Geysers are underground springs which spout up columns of steam and boiling water from time to time. They form when cold water finds its way from the surface of the earth deep into the rock below. As the water travels, it finds a crack in the rock or wears away a crevice to make its own channel. The water flows deep into the earth until it reaches very hot rocks far below the surface.
These rocks heat the water, but the water cannot boil and bubble as a pot on the stove does because of the weight of the water on top of it. As the water gets hotter and hotter, steam begins to form and the water is pushed up and out through an opening in the earth’s surface.

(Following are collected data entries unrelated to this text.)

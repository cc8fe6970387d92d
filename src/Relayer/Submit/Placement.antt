-- ===== src/Relayer/Submit/Placement.antt =====
-- What packages/relayer/src/submit.ts makes of the accounts of a client's instruction and of those
-- of its siblings.
use b402_solana.Common.{
  Bool, if◌then◌else◌, ℕ, zero, suc, ◌≡◌, inl, inr, refl, sym, true, false, ◌&&◌, Bool-cases,
  Option-cases, Option, none, some, Text, Bytes, List, [], ◌∷◌, length, get_or, All, ok, >>=-eq-ok,
  ◌==◌, subst, ok_eq,
}
use b402_solana.Relayer.Validate.{AccountMeta}
use b402_solana.Relayer.Route.Keys.{to_key_inv}
use b402_solana.Relayer.Route.{AdditionalIxInput, SubmitInput, to_key}
use b402_solana.Relayer.Submit.{
  KeyMeta, TransactionInstruction, relayer_slot, place_relayer, sibling_key, sibling_keys,
  sibling_ixs, no_slot, client_ixs,
}

-- The slot at `i` is the first writable signer of the list.
pub data FirstSigner : List AccountMeta → ℕ → Type 0 where
  here :
      (k : AccountMeta) (keys : List AccountMeta)
      → (k.is_signer && k.is_writable) ≡ true
      → FirstSigner (k ∷ keys) 0
  there :
      (k : AccountMeta) (keys : List AccountMeta) (i : ℕ)
      → (k.is_signer && k.is_writable) ≡ false
      → FirstSigner keys i
      → FirstSigner (k ∷ keys) (suc i)

relayer_slot-FirstSigner :
    (keys : List AccountMeta) (i : ℕ) → relayer_slot keys ≡ some i → FirstSigner keys i
unfolding relayer_slot
relayer_slot-FirstSigner [] i e = cc
relayer_slot-FirstSigner (k ∷ keys) i e = elim (Bool-cases (k.is_signer && k.is_writable)) [
  | inl both ↦ subst (FirstSigner (k ∷ keys)) (cc (rw (relayer_slot, both) at e)) (here k keys both)
  | inr other ↦ elim (Option-cases (relayer_slot keys)) [
    | inl nowhere ↦ cc (rw (relayer_slot, other, nowhere) at e)
    | inr (j, at) ↦
        subst (FirstSigner (k ∷ keys)) (cc (rw (relayer_slot, other, at) at e))
          (there k keys j other (relayer_slot-FirstSigner keys j at))
  ]
]

-- What became of a client's account: its flags, and the relayer's key or its own.
module _ (public_key : Text → Option Bytes) (relayer : Bytes) where
  abbrev pub Own : AccountMeta → KeyMeta → Type 0
  Own k m =
      (m.is_signer ≡ k.is_signer)
      × (m.is_writable ≡ k.is_writable)
      × (public_key k.pubkey ≡ some m.pubkey)

  abbrev pub Relayers : AccountMeta → KeyMeta → Type 0
  Relayers k m =
      (m.is_signer ≡ k.is_signer) × (m.is_writable ≡ k.is_writable) × (m.pubkey ≡ relayer)

  -- The accounts with the relayer at one place, where there is one, and all others their own.
  pub data Placed : Option ℕ → List AccountMeta → List KeyMeta → Type 0 where
    nil : (at : Option ℕ) → Placed at [] []
    own :
        (k : AccountMeta) (m : KeyMeta) (keys : List AccountMeta) (metas : List KeyMeta)
        → Own k m
        → Placed none keys metas
        → Placed none (k ∷ keys) (m ∷ metas)
    slot :
        (k : AccountMeta) (m : KeyMeta) (keys : List AccountMeta) (metas : List KeyMeta)
        → Relayers k m
        → Placed none keys metas
        → Placed (some 0) (k ∷ keys) (m ∷ metas)
    before :
        (i : ℕ) (k : AccountMeta) (m : KeyMeta) (keys : List AccountMeta) (metas : List KeyMeta)
        → Own k m
        → Placed (some i) keys metas
        → Placed (some (suc i)) (k ∷ keys) (m ∷ metas)

  place_relayer-Placed :
      (at : Option ℕ) (keys : List AccountMeta) (metas : List KeyMeta)
      → place_relayer public_key relayer at keys ≡ ok metas
      → Placed at keys metas
  unfolding place_relayer
  place_relayer-Placed at [] metas e = subst (Placed at []) (ok_eq e) (nil at)
  place_relayer-Placed none (k ∷ keys) metas e =
      let (key, named, e1) = >>=-eq-ok (to_key public_key k.pubkey) _ e in
      let (rest, placed, e2) = >>=-eq-ok (place_relayer public_key relayer none keys) _ e1 in
      subst (Placed none (k ∷ keys)) (ok_eq e2) (
        own k _ keys rest (refl, refl, to_key_inv public_key k.pubkey key named)
          (place_relayer-Placed none keys rest placed))
  place_relayer-Placed (some zero) (k ∷ keys) metas e =
      let (rest, placed, e1) = >>=-eq-ok (place_relayer public_key relayer none keys) _ e in
      subst (Placed (some 0) (k ∷ keys)) (ok_eq e1)
        (slot k _ keys rest (refl, refl, refl) (place_relayer-Placed none keys rest placed))
  place_relayer-Placed (some (suc i)) (k ∷ keys) metas e =
      let (key, named, e1) = >>=-eq-ok (to_key public_key k.pubkey) _ e in
      let (rest, placed, e2) = >>=-eq-ok (place_relayer public_key relayer (some i) keys) _ e1 in
      subst (Placed (some (suc i)) (k ∷ keys)) (ok_eq e2) (
        before i k _ keys rest (refl, refl, to_key_inv public_key k.pubkey key named)
          (place_relayer-Placed (some i) keys rest placed))

  -- Every signer of an instruction is the relayer.
  abbrev pub SignedByRelayer : TransactionInstruction → Type 0
  SignedByRelayer ix = All (λ m. m.is_signer ≡ true → m.pubkey ≡ relayer) ix.keys

  signed : (key : Bytes) (signs : Bool) → signs ≡ true → (if signs then relayer else key) ≡ relayer
  signed key true e = refl
  signed key false e = cc

  sibling_keys-Signed :
      (first : AccountMeta) (keys : List AccountMeta) (metas : List KeyMeta)
      → sibling_keys public_key relayer first keys ≡ ok metas
      → All (λ m. m.is_signer ≡ true → m.pubkey ≡ relayer) metas
  unfolding sibling_keys
  sibling_keys-Signed first [] metas e =
      subst (All (λ m. m.is_signer ≡ true → m.pubkey ≡ relayer)) (ok_eq e) tt
  sibling_keys-Signed first (k ∷ keys) metas e =
      let (key, _, e1) = >>=-eq-ok (sibling_key public_key relayer first k) _ e in
      let (rest, more, e2) = >>=-eq-ok (sibling_keys public_key relayer first keys) _ e1 in
      subst (All (λ m. m.is_signer ≡ true → m.pubkey ≡ relayer)) (ok_eq e2)
        (signed key k.is_signer, sibling_keys-Signed first keys rest more)

  sibling_ixs-Signed :
      (first : AccountMeta) (extras : List AdditionalIxInput) (ixs : List TransactionInstruction)
      → sibling_ixs public_key relayer first extras ≡ ok ixs
      → All SignedByRelayer ixs
  unfolding sibling_ixs
  sibling_ixs-Signed first [] ixs e = subst (All SignedByRelayer) (ok_eq e) tt
  sibling_ixs-Signed first (x ∷ extras) ixs e =
      let (keys, made, e1) = >>=-eq-ok (sibling_keys public_key relayer first x.account_keys) _ e in
      let (rest, more, e2) = >>=-eq-ok (sibling_ixs public_key relayer first extras) _ e1 in
      subst (All SignedByRelayer) (ok_eq e2) (
        sibling_keys-Signed first x.account_keys keys made,
        sibling_ixs-Signed first extras rest more,
      )

  -- When the accounts of a request can be placed, its instruction is the pool's with the client's
  -- data, the relayer stands at the first writable signer's place and every other account is its
  -- own, and in the instructions that follow no one but the relayer signs.
  pub client_ixs-Placed :
      (input : SubmitInput) (ixs : List TransactionInstruction)
      → client_ixs public_key relayer input ≡ ok ixs
      → (main : TransactionInstruction) × (siblings : List TransactionInstruction) × (i : ℕ) × (ixs
          ≡ main ∷ siblings)
        × (main.program_id ≡ input.program_id)
        × (main.ix_data ≡ input.ix_data)
        × FirstSigner input.account_keys i
        × Placed (some i) input.account_keys main.keys
        × All SignedByRelayer siblings
  unfolding client_ixs
  client_ixs-Placed input ixs e = elim (Bool-cases (length input.account_keys == 0)) [
    | inl empty ↦ cc (rw (client_ixs, empty) at e)
    | inr full ↦ elim (Option-cases (relayer_slot input.account_keys)) [
      | inl nowhere ↦ cc (rw (client_ixs, full, nowhere) at e)
      | inr (i, at) ↦
          let (keys, placed, e1) =
            >>=-eq-ok (place_relayer public_key relayer (some i) input.account_keys) _
              (rw (client_ixs, full, at) at e) in
          let first = get_or input.account_keys i no_slot in
          let (extras, made, e2) =
            >>=-eq-ok (sibling_ixs public_key relayer first input.additional_ixs) _ e1 in
          (
            _,
            extras,
            i,
            sym (ok_eq e2),
            refl,
            refl,
            relayer_slot-FirstSigner _ i at,
            place_relayer-Placed (some i) _ keys placed,
            sibling_ixs-Signed first _ extras made,
          )
    ]
  ]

As more and more water is released this way, the water at the bottom makes more and more steam until it explodes and spouts out powerful bursts, or gushes.
The height of these gushes varies, from bubbles a few inches above the ground to columns of water hundreds of feet tall. The period between gushes also varies, from intervals of a few minutes in some geysers to months in others.
Geysers have been found in various parts of the world, in different climates and different land conditions. Iceland has dozens of geysers in a cold, barren lava field ten miles wide. New Zealand has many geysers amid lush jungles.
However, Yellowstone National Park in the U.S.A. holds the record, with over 200 active geysers. The most famous geyser at Yellowstone is “Old Faithful,” which erupts every 65 minutes for about four minutes, and has been doing it for over eighty years without a miss. Its water reaches from 120 to 150 feet into the air.
The tallest geyser ever to erupt was Waimango geyser in New Zealand, which in 1904 sent up a column of steaming water over 1,500 feet high!